Problem statement: Using the data below, return the stretch from the line that contains "kv_delete h s key = kv_delete_found" through the line that contains "if is_some (get s.kv (ns_key h tag key))", both included, exactly as it stands and nothing beyond it.
[Information shown]
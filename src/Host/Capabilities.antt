-- ===== src/Host/Capabilities.antt =====
-- host/src/lib.rs: the host side of `host-kv`, `host-counter` and `host-ratelimit`. A refused call
-- changes nothing.
use plecto.Prelude.{
  ℕ, ◌+◌, Bool, true, false, ◌||◌, List, [], ◌∷◌, Option, none, some, Text, length, if◌then◌else◌,
  ltb,
}
use plecto.Prelude.Int.{ℤ, pos, sub_ℕ}
use plecto.Bucket.{Bucket, Acquire}
use plecto.Kv.{get, set, delete, increment, try_acquire, is_zero}
use plecto.Host.{
  HostState, Store, ns_key, tag_kv, tag_counter, tag_ratelimit, max_kv_key_bytes,
  max_kv_value_bytes,
}
use plecto.Host.Quota.{admit, release}

abbrev pub charge_of : ℕ → Text → Option Text → ℤ × ℤ
charge_of key_length value none = (pos 1, pos (key_length + length value))
charge_of key_length value (some old) = (pos 0, sub_ℕ (length value) (length old))

abbrev pub too_long : Text → Text → Bool
too_long key value = ltb max_kv_key_bytes (length key) || ltb max_kv_value_bytes (length value)

unfoldable pub kv_get : HostState → Store → Text → Option Text
kv_get h s key = get s.kv (ns_key h tag_kv key)

-- The store after a `set` that was charged, or was not.
abbrev pub kv_set_charged : HostState → Store → Text → Text → ℤ × ℤ → Store
kv_set_charged h s key value (entries, bytes_) =
    let (admitted, quota) = admit s.quota h.kv_prefix entries bytes_ in
    if admitted then record { kv = set s.kv (ns_key h tag_kv key) value; quota = quota } else s

unfoldable pub kv_set : HostState → Store → Text → Text → Store
kv_set h s key value =
    if too_long key value
    then s
    else kv_set_charged h s key value
        (charge_of (length key) value (get s.kv (ns_key h tag_kv key)))

abbrev pub kv_delete_found : HostState → Store → Text → Option Text → Store
kv_delete_found h s key none = s
kv_delete_found h s key (some old) = record {
  kv = delete s.kv (ns_key h tag_kv key);
  quota = release s.quota h.kv_prefix 1 (length key + length old);
}

unfoldable pub kv_delete : HostState → Store → Text → Store
kv_delete h s key = kv_delete_found h s key (get s.kv (ns_key h tag_kv key))

abbrev pub is_some {ℓ} : {A : Type ℓ} → Option A → Bool
is_some none = false
is_some (some a) = true

-- What a value of `size` bytes under a new key is charged; one under a key that exists is not.
abbrev pub charge_new : HostState → Store → ℕ → Text → ℕ → Bool × Store
charge_new h s tag key size =
    let (admitted, quota) = admit s.quota h.kv_prefix (pos 1) (pos (length key + size)) in
    if is_some (get s.kv (ns_key h tag key))
    then (true, s)
    else (admitted, record s { quota = quota })

unfoldable pub counter_increment : HostState → Store → Text → ℤ → Store × ℤ
counter_increment h s key delta =
    let (charged, s') = charge_new h s tag_counter key 8 in
    let (kv, value) = increment s'.kv (ns_key h tag_counter key) delta in
    if is_zero delta
    then (s, (increment s.kv (ns_key h tag_counter key) delta).1)
    else if charged
    then (record s' { kv = kv }, value)
    else (s', pos 0)

unfoldable pub counter_get : HostState → Store → Text → ℤ
counter_get h s key = (increment s.kv (ns_key h tag_counter key) (pos 0)).1

abbrev pub denied : Acquire
denied = record { allowed = false; remaining = 0; retry_after_ms = 0 }

-- With no bucket configured the call is denied; so is a new key that could not be charged.
abbrev pub ratelimit_spent :
    HostState → Store → Text → ℕ → Option Bucket → Bool × Store → Store × Acquire
ratelimit_spent h s key cost none charge = (s, denied)
ratelimit_spent h s key cost (some spec) (charged, s') =
    let (kv, result) = try_acquire s'.kv (ns_key h tag_ratelimit key) cost spec h.now_ms in
    if charged then (record s' { kv = kv }, result) else (s', denied)

unfoldable pub ratelimit_try_acquire : HostState → Store → Text → ℕ → Store × Acquire
ratelimit_try_acquire h s key cost =
    ratelimit_spent h s key cost h.ratelimit_bucket (charge_new h s tag_ratelimit key 16)

-- The calls that a filter makes, and what one does to the store.
pub data Call : Type 0 where
  set_value : Text → Text → Call
  delete_value : Text → Call
  add_to_counter : Text → ℤ → Call
  acquire_tokens : Text → ℕ → Call

unfoldable pub perform : HostState → Store → Call → Store
perform h s (set_value key value) = kv_set h s key value
perform h s (delete_value key) = kv_delete h s key
perform h s (add_to_counter key delta) = (counter_increment h s key delta).0
perform h s (acquire_tokens key cost) = (ratelimit_try_acquire h s key cost).0

-- Any number of filters' calls, in the order in which they take effect.
unfoldable pub perform_all : Store → List (HostState × Call) → Store
perform_all s [] = s
perform_all s ((h, c) ∷ rest) = perform_all (perform h s c) rest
[/Information shown]
Response below:
kv_delete h s key = kv_delete_found h s key (get s.kv (ns_key h tag_kv key))

abbrev pub is_some {ℓ} : {A : Type ℓ} → Option A → Bool
is_some none = false
is_some (some a) = true

-- What a value of `size` bytes under a new key is charged; one under a key that exists is not.
abbrev pub charge_new : HostState → Store → ℕ → Text → ℕ → Bool × Store
charge_new h s tag key size =
    let (admitted, quota) = admit s.quota h.kv_prefix (pos 1) (pos (length key + size)) in
    if is_some (get s.kv (ns_key h tag key))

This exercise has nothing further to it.